Innovative genetic treatment to prevent mitochondrial disease
This was published under the 2010 to 2015 Conservative and Liberal Democrat coalition government
Public consultation expected on draft regulations for IVF-based techniques to prevent mitochondrial disease later this year.
Innovative IVF-based techniques could be made available to patients to help prevent serious mitochondrial disease in the UK, Chief Medical Officer Professor Dame Sally Davies announced today.
One in 6,500 babies is born with mitochondrial disorder which can lead to serious problems such as heart and liver disease and respiratory problems. It can even lead to death in infants. Around 12,000 people in the UK live with these conditions, which are passed on from mother to baby but can be prevented using cutting edge mitochondrial replacement techniques. Currently, only unaltered sperms and eggs are allowed to be used for assisted reproduction treatments.
Following a public consultation in which there was overall support for the treatment, which could save around 10 lives each year, the decision was taken to publish draft regulations later this year in a further public consultation. The regulations, which would be subject to strict safeguards, would make the UK the first country in the world to give patients the option of using the ground-breaking IVF-based treatment.
Mitochondria replacement involves transferring nuclear genetic material from a mother’s egg or embryo into a donor egg or embryo that has had its nuclear DNA removed so the embryo does not inherit the mitochondrial disease. This would allow a woman carrying mitochondrial diseases to have healthy children.
Mitochondria are the tiny biological power packs that give energy to nearly every cell of the body. Defects can leave the body cells starved of energy, resulting in muscle weakness, blindness, heart failure and death in the most extreme cases.
In anticipation of emerging advances in this field, in 2008 Parliament passed an amendment to the Human Fertilisation and Embryology Act to introduce a regulating making power that, if introduced, would enable mitochondria replacement to take place in treatment. The first assessment of the safety and efficacy of mitochondria replacement was carried out in April 2011 by the HFEA.
The decision to consult on regulations to allow the controversial technique comes after an extensive consultation and public dialogue carried out by the HFEA between June and December 2012. The public consultation exercise indicated that, overall, there was general support for mitochondria replacement to take place, subject to strict safeguards and careful regulation.
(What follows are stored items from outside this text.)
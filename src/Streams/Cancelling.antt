-- ===== src/Streams/Cancelling.antt =====
-- src/core/streams.ts: what `cancel` and `close` let go.
use tapline.Base.{
  ℕ, ◌+◌, ◌≡◌, refl, sym, subst, ◌&&◌, ◌∙◌, ap, inl, inr, ◌⊎◌, Bool-cases, Bool, true, false, none,
  some, [], ◌∷◌, ◌++◌, Text, text_eq, text_eq_iff, starts_with, Assoc, get, remove, get-put,
  get-remove, List, if◌then◌else◌, arith,
}
use tapline.Streams.{
  Streams, Waiter, piping, writing, noted, write, write_next, writes_of, release, cancel,
  cancel_sending, cancel_credits, cancel_readers, without,
}

abbrev pub one_if : Bool → ℕ
one_if true = 1
one_if false = 0

-- The entries under a key.
unfoldable pub count {ℓ} : {V : Type ℓ} → Text → Assoc V → ℕ
count id [] = 0
count id ((k, v) ∷ m) = one_if (text_eq k id) + count id m

same_prefix :
    (prefix k id : Text) → text_eq k id ≡ true → starts_with prefix k ≡ starts_with prefix id
same_prefix prefix k id same = ap (λ r. starts_with prefix r) ((text_eq_iff k id).0 same)

module _ {ℓ} {V : Type ℓ} where
  pub count-append : (id : Text) (m n : Assoc V) → count id (m ++ n) ≡ count id m + count id n
  unfolding count
  count-append id [] n = omega arith
  count-append id ((k, v) ∷ m) n = omega (arith, count-append id m n)

  get-without :
      (prefix id : Text) (m : Assoc V)
      → get id (without prefix m) ≡ (if starts_with prefix id then none else get id m)
  unfolding get without
  get-without prefix id [] = ground arith
  get-without prefix id ((k, v) ∷ m) =
      ground (arith, same_prefix prefix k id, get-without prefix id m)

  without-none :
      (prefix id : Text) (m : Assoc V)
      → starts_with prefix id ≡ true
      → get id (without prefix m) ≡ none
  without-none prefix id m h = ground (arith, get-without prefix id m, h)

  without-get :
      (prefix id : Text) (m : Assoc V)
      → starts_with prefix id ≡ false
      → get id (without prefix m) ≡ get id m
  without-get prefix id m h = ground (arith, get-without prefix id m, h)

  -- The entries under a key, if a cancel of the prefix reaches it.
  count_if : Text → Text → Assoc V → ℕ
  count_if prefix id m = if starts_with prefix id then count id m else 0

get-cancel_sending :
    (prefix id : Text) (m : Assoc Bool)
    → starts_with prefix id ≡ true
    → (get id (cancel_sending prefix m) ≡ none) ⊎ (get id (cancel_sending prefix m) ≡ some true)
unfolding get cancel_sending
get-cancel_sending prefix id [] h = inl refl
get-cancel_sending prefix id ((k, c) ∷ m) h = elim (Bool-cases (text_eq k id)) [
  | inl same ↦
      let there : starts_with prefix k ≡ true = same_prefix prefix k id same ∙ h in
      rw (same, there) (inr refl)
  | inr other ↦ rw other (get-cancel_sending prefix id m h)
]

-- What letting one waiter go leaves as it was.
record IsKept (s s' : Streams) : Type 0 where
  sending : s'.sending ≡ s.sending
  readers : s'.readers ≡ s.readers
  acknowledgements : s'.acknowledgements ≡ s.acknowledgements

write_next-IsKept :
    (s : Streams) (id : Text) (writes : List (List ℕ)) → IsKept s (write_next s id writes)
unfolding write_next write
write_next-IsKept s id [] = record { sending = refl; readers = refl; acknowledgements = refl }
write_next-IsKept s id (bytes ∷ writes) = record {
  sending = refl;
  readers = refl;
  acknowledgements = refl;
}

release-IsKept : (s : Streams) (id : Text) (waiter : Waiter) → IsKept s (release s id waiter)
unfolding release
release-IsKept s id (piping left) = record {
  sending = refl;
  readers = refl;
  acknowledgements = refl;
}
release-IsKept s id writing =
    let k = write_next-IsKept (noted s id writing) id (writes_of (get id s.buffered)) in
    record { sending = k.sending; readers = k.readers; acknowledgements = k.acknowledgements }

write_next-released :
    (s : Streams) (id : Text) (writes : List (List ℕ))
    → (write_next s id writes).released ≡ s.released
unfolding write_next write
write_next-released s id [] = refl
write_next-released s id (bytes ∷ writes) = refl

release-released :
    (s : Streams) (id : Text) (waiter : Waiter)
    → (release s id waiter).released ≡ s.released ++ (id, waiter) ∷ []
unfolding release
release-released s id (piping left) = refl
release-released s id writing =
    write_next-released (noted s id writing) id (writes_of (get id s.buffered))

write_next-other :
    (s : Streams) (k id : Text) (writes : List (List ℕ))
    → text_eq k id ≡ false
    → get id (write_next s k writes).credits ≡ get id s.credits
unfolding write_next write
write_next-other s k id [] differs = refl
write_next-other s k id (bytes ∷ writes) differs =
    ground (arith, get-put k id writing s.credits, differs)

release-other :
    (s : Streams) (k id : Text) (waiter : Waiter)
    → text_eq k id ≡ false
    → get id (release s k waiter).credits ≡ get id s.credits
unfolding release
release-other s k id (piping left) differs = refl
release-other s k id writing differs =
    write_next-other (noted s k writing) k id (writes_of (get k s.buffered)) differs

-- One waiter is let go, and then deleted.
released_one : Streams → Text → Waiter → Streams
released_one s id waiter =
    let s' = release s id waiter in record s' { credits = remove id s'.credits }

released_one-get :
    (s : Streams) (k id : Text) (waiter : Waiter)
    → get id (released_one s k waiter).credits ≡ (if text_eq k id then none else get id s.credits)
unfolding released_one
released_one-get s k id waiter = elim (Bool-cases (text_eq k id)) [
  | inl same ↦ ground (arith, get-remove k id (release s k waiter).credits, same)
  | inr other ↦ ground (
    arith,
    get-remove k id (release s k waiter).credits,
    release-other s k id waiter other,
    other,
  )
]

-- The loop over the waiters.
module _ (prefix id : Text) where
  step_released : Text → Waiter → Streams → Streams
  step_released k waiter s = if starts_with prefix k then released_one s k waiter else s

  step-IsKept : (s : Streams) (k : Text) (waiter : Waiter) → IsKept s (step_released k waiter s)
  unfolding step_released released_one
  step-IsKept s k waiter = elim (Bool-cases (starts_with prefix k)) [
    | inl there ↦
        let kept = release-IsKept s k waiter in
        rw there (record {
          sending = kept.sending;
          readers = kept.readers;
          acknowledgements = kept.acknowledgements;
        })
    | inr other ↦ rw other (record { sending = refl; readers = refl; acknowledgements = refl })
  ]

  loop-IsKept : (s : Streams) (m : Assoc Waiter) → IsKept s (cancel_credits prefix m s)
  unfolding cancel_credits step_released released_one
  loop-IsKept s [] = record { sending = refl; readers = refl; acknowledgements = refl }
  loop-IsKept s ((k, waiter) ∷ m) =
      let once = step-IsKept s k waiter in
      let rest = loop-IsKept (step_released k waiter s) m in
      record {
        sending = rest.sending ∙ once.sending;
        readers = rest.readers ∙ once.readers;
        acknowledgements = rest.acknowledgements ∙ once.acknowledgements;
      }

  step-released :
      (s : Streams) (k : Text) (waiter : Waiter)
      → count id (step_released k waiter s).released
        ≡ count id s.released + (if starts_with prefix k then one_if (text_eq k id) else 0)
  unfolding step_released released_one count
  step-released s k waiter =
      ground (arith, release-released s k waiter, count-append id s.released ((k, waiter) ∷ []))

  loop-released :
      (s : Streams) (m : Assoc Waiter)
      → count id (cancel_credits prefix m s).released ≡ count id s.released + count_if prefix id m
  unfolding cancel_credits count count_if step_released released_one
  loop-released s [] = ground arith
  loop-released s ((k, waiter) ∷ m) = ground (
    arith,
    loop-released (step_released k waiter s) m,
    step-released s k waiter,
    same_prefix prefix k id,
  )

  step-get :
      (s : Streams) (k : Text) (waiter : Waiter)
      → get id (step_released k waiter s).credits
        ≡ (if starts_with prefix k && text_eq k id then none else get id s.credits)
  unfolding step_released
  step-get s k waiter = ground (arith, released_one-get s k id waiter)

  loop-other :
      (s : Streams) (m : Assoc Waiter)
      → starts_with prefix id ≡ false
      → get id (cancel_credits prefix m s).credits ≡ get id s.credits
  unfolding cancel_credits step_released released_one
  loop-other s [] h = refl
  loop-other s ((k, waiter) ∷ m) h = ground (
    arith,
    loop-other (step_released k waiter s) m h,
    step-get s k waiter,
    same_prefix prefix k id,
  )

  loop-gone :
      (s : Streams) (m : Assoc Waiter)
      → get id s.credits ≡ none
      → get id (cancel_credits prefix m s).credits ≡ none
  unfolding cancel_credits step_released released_one
  loop-gone s [] h = h
  loop-gone s ((k, waiter) ∷ m) h =
      loop-gone (step_released k waiter s) m (ground (arith, step-get s k waiter, h))

  -- Where the loop goes through all that waits, nobody waits behind it under an id that it meets.
  loop-none :
      (s : Streams) (m : Assoc Waiter)
      → starts_with prefix id ≡ true
      → get id m ≡ get id s.credits
      → get id (cancel_credits prefix m s).credits ≡ none
  unfolding cancel_credits step_released released_one get
  loop-none s [] p e = sym e
  loop-none s ((k, waiter) ∷ m) p e = elim (Bool-cases (text_eq k id)) [
    | inl same ↦
        loop-gone (step_released k waiter s) m
          (ground (arith, step-get s k waiter, same_prefix prefix k id same, same, p))
    | inr other ↦
        loop-none (step_released k waiter s) m p
          (ground (arith, step-get s k waiter, other, rw other at e))
  ]

-- After a cancel of an id's prefix the id has no reader, nobody waits for its credit and none is
-- owed, its `pipe` is gone or knows that it is cancelled, and each that waited before was let go
-- once. The last does not count a write that a Writable begins when it is let go.
pub cancel-under :
    (s : Streams) (prefix id : Text)
    → starts_with prefix id ≡ true
    → (get id (cancel s prefix).readers ≡ none)
      × (get id (cancel s prefix).credits ≡ none)
      × (get id (cancel s prefix).acknowledgements ≡ none)
      × ((get id (cancel s prefix).sending ≡ none) ⊎ (get id (cancel s prefix).sending ≡ some true))
      × (count id (cancel s prefix).released ≡ count id s.released + count id s.credits)
unfolding cancel count_if
cancel-under s prefix id h =
    let s' = cancel_readers prefix s in
    let kept = loop-IsKept prefix id s' s.credits in
    (
      ap (get id) kept.readers ∙ without-none prefix id s.readers h,
      loop-none prefix id s' s.credits h refl,
      ap (λ a. get id (without prefix a)) kept.acknowledgements
          ∙ without-none prefix id s.acknowledgements h,
      subst (λ m. (get id m ≡ none) ⊎ (get id m ≡ some true)) (sym kept.sending)
          (get-cancel_sending prefix id s.sending h),
      ground (arith, loop-released prefix id s' s.credits, h),
    )

-- A cancel of another prefix leaves an id's reader, its waiter, its acknowledgement and what was
-- let go under it.
pub cancel-other :
    (s : Streams) (prefix id : Text)
    → starts_with prefix id ≡ false
    → (get id (cancel s prefix).readers ≡ get id s.readers)
      × (get id (cancel s prefix).credits ≡ get id s.credits)
      × (get id (cancel s prefix).acknowledgements ≡ get id s.acknowledgements)
      × (count id (cancel s prefix).released ≡ count id s.released)
unfolding cancel count_if
cancel-other s prefix id h =
    let s' = cancel_readers prefix s in
    let kept = loop-IsKept prefix id s' s.credits in
    (
      ap (get id) kept.readers ∙ without-get prefix id s.readers h,
      loop-other prefix id s' s.credits h,
      ap (λ a. get id (without prefix a)) kept.acknowledgements
          ∙ without-get prefix id s.acknowledgements h,
      ground (arith, loop-released prefix id s' s.credits, h),
    )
Chief Medical Officer Professor Dame Sally Davies said:
Mitochondrial disease, including heart disease, liver disease, loss of muscle co-ordination and other serious conditions like muscular dystrophy, can have a devastating impact on the people who inherit it. People who have it live with debilitating illness, and women who are affected face passing it on to their children.
Scientists have developed ground-breaking new procedures which could stop these diseases being passed on, bringing hope to many families seeking to prevent their future children inheriting them. It’s only right that we look to introduce this life-saving treatment as soon as we can.
The draft regulations will be issued for consultation later this year. The government intends to introduce a final version for debate in Parliament next year.